Stored data entries:
══════════════════════════════

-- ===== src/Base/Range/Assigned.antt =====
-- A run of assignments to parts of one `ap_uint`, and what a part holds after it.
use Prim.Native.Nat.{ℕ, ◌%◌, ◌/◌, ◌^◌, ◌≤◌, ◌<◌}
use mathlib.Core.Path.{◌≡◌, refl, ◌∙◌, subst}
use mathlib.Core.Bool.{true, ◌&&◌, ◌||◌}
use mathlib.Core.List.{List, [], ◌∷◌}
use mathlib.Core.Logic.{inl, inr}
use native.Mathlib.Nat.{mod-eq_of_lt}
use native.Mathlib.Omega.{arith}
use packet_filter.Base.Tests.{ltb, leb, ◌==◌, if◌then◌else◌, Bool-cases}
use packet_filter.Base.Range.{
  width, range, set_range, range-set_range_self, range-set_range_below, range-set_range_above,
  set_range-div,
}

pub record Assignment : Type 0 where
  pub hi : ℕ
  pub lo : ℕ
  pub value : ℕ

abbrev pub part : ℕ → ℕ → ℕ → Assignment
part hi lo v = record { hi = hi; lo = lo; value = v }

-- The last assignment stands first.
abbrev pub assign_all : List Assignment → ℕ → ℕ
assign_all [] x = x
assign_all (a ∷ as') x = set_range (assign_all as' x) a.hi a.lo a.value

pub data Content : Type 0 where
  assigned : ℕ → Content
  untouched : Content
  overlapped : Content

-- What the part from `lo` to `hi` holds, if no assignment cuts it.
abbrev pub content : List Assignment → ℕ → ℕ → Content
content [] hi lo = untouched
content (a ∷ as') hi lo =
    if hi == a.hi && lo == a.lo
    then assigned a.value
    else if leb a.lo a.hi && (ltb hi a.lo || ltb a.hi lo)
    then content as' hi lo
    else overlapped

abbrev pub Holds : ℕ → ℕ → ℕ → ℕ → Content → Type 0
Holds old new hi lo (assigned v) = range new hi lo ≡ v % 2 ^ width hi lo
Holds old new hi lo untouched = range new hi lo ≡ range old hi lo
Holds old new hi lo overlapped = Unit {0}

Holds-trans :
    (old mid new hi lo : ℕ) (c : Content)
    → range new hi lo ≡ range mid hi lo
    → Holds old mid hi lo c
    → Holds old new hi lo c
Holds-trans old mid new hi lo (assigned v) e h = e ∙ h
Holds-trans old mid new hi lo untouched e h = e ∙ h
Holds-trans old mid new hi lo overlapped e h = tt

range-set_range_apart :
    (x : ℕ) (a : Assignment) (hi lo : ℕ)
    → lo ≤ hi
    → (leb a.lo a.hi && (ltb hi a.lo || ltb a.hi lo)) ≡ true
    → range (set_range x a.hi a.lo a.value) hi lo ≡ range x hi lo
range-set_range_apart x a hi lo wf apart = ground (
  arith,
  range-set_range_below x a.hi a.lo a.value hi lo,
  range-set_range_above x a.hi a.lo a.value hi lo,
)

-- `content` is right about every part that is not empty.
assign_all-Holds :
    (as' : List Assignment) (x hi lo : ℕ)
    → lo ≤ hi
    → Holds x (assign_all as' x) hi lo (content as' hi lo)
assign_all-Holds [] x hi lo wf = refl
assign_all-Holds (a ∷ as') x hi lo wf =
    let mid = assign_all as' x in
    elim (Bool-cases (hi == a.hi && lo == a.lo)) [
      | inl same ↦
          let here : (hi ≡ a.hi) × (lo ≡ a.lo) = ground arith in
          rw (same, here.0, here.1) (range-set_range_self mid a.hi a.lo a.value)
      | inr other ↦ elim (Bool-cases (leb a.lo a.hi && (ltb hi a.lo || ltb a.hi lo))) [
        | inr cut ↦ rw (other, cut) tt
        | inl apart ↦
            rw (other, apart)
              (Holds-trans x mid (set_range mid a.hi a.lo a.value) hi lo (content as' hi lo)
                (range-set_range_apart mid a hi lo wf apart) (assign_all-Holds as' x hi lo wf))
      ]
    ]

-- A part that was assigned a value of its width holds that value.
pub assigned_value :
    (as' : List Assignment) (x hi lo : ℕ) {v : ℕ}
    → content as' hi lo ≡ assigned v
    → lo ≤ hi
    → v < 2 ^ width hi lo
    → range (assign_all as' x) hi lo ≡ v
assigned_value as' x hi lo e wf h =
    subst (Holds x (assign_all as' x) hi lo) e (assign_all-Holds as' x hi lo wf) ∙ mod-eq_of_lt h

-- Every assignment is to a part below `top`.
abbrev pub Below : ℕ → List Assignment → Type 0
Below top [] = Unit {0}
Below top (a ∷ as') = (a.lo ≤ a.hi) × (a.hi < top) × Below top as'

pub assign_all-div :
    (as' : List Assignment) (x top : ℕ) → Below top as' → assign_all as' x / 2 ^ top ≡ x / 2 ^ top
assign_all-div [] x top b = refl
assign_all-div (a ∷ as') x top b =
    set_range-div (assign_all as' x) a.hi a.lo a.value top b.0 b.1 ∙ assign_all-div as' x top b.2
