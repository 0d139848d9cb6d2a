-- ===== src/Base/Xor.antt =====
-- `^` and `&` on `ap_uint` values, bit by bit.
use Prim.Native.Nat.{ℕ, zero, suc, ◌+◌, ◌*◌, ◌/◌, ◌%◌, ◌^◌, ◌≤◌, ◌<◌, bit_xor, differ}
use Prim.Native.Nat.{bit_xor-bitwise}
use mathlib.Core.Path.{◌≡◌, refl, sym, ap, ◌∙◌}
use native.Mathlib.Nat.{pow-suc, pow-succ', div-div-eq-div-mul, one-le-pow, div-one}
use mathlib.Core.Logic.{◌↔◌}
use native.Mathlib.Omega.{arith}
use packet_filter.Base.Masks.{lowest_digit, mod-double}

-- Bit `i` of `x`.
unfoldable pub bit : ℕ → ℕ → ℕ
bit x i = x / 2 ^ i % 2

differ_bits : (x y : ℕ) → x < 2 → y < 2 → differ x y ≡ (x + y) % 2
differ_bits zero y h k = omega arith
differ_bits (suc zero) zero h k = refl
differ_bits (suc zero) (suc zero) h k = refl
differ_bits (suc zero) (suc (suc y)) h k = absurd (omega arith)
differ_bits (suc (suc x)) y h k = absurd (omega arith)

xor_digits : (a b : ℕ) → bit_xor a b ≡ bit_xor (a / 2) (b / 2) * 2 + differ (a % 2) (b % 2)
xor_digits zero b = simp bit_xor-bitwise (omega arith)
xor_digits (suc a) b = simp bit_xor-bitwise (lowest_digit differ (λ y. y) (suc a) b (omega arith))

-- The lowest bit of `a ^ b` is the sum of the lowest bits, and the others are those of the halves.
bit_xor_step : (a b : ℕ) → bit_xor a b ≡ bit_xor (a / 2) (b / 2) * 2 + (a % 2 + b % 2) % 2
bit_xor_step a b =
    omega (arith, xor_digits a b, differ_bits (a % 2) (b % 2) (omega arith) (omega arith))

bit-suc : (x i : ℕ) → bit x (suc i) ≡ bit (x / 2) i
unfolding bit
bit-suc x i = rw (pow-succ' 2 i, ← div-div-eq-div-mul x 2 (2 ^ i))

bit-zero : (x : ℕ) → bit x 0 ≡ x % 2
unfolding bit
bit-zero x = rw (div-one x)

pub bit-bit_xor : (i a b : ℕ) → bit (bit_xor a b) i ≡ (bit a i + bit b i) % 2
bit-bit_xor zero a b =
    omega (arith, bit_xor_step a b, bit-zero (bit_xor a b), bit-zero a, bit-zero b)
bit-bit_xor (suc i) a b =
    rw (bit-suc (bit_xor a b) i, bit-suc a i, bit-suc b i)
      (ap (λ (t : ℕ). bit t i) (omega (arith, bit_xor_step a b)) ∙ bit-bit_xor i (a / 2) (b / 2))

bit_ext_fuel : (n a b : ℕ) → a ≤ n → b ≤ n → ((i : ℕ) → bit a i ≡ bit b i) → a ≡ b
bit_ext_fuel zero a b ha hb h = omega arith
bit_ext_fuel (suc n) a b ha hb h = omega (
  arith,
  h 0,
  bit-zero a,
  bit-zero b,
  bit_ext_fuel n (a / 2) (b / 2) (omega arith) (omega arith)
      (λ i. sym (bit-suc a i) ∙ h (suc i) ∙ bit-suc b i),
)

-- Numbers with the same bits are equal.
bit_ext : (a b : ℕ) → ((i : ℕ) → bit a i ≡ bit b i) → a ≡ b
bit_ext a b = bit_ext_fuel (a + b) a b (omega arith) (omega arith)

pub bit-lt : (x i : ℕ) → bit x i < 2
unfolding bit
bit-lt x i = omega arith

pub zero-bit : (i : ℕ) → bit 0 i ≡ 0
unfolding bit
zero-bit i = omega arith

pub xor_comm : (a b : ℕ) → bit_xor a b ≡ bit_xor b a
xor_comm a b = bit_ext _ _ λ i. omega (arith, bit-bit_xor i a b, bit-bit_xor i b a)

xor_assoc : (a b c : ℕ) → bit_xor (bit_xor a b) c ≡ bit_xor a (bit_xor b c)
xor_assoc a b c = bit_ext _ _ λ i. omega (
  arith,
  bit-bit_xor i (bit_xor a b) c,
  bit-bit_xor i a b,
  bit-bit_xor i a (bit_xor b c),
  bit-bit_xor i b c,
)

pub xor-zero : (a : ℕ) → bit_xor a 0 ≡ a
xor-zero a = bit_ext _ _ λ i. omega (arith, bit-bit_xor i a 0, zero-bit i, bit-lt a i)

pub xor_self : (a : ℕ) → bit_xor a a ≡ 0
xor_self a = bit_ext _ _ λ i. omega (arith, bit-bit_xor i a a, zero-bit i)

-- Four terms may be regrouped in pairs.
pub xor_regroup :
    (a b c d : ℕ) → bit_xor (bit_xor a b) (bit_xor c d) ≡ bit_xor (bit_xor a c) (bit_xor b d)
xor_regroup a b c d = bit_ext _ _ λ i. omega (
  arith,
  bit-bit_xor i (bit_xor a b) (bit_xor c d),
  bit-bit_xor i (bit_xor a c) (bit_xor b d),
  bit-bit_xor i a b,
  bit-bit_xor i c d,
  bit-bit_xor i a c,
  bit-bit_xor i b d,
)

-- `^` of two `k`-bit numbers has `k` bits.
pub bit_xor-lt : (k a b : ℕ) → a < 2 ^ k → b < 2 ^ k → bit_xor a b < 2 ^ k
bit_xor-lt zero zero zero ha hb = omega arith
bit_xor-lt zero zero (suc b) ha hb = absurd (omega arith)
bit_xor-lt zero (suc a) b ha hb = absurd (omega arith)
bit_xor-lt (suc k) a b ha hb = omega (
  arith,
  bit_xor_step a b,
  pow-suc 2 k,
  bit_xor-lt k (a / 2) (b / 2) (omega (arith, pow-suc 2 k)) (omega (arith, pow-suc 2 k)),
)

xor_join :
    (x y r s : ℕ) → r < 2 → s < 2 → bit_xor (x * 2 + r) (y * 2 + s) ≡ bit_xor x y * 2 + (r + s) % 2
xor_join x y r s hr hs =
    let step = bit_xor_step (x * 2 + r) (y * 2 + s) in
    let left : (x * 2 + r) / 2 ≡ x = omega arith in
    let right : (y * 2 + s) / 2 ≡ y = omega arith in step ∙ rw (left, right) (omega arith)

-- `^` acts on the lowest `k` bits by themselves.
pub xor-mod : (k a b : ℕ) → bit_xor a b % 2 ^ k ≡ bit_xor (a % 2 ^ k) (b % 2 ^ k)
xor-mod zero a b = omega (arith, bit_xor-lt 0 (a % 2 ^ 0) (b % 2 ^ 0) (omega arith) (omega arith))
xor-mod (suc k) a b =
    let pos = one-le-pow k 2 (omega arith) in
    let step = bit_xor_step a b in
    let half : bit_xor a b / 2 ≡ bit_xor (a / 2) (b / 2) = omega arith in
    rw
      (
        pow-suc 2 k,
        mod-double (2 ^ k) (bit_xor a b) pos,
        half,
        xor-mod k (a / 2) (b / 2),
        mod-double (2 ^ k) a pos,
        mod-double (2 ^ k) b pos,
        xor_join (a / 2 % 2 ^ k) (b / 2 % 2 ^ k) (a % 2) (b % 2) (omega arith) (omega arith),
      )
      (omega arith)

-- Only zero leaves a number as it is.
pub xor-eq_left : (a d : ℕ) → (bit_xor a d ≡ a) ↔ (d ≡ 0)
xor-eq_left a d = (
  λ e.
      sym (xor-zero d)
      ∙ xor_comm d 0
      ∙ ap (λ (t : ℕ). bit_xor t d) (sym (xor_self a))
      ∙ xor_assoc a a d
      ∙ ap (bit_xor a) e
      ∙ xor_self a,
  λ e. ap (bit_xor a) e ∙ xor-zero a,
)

══════════════════════════════

Exercise brief:
Given the data above, which lines hold the string "refl"? Return them.

Solution to this problem:
use mathlib.Core.Path.{◌≡◌, refl, ◌∙◌, subst}
assign_all-Holds [] x hi lo wf = refl
assign_all-div [] x top b = refl
use mathlib.Core.Path.{◌≡◌, refl, sym, ap, ◌∙◌}
differ_bits (suc zero) zero h k = refl
differ_bits (suc zero) (suc zero) h k = refl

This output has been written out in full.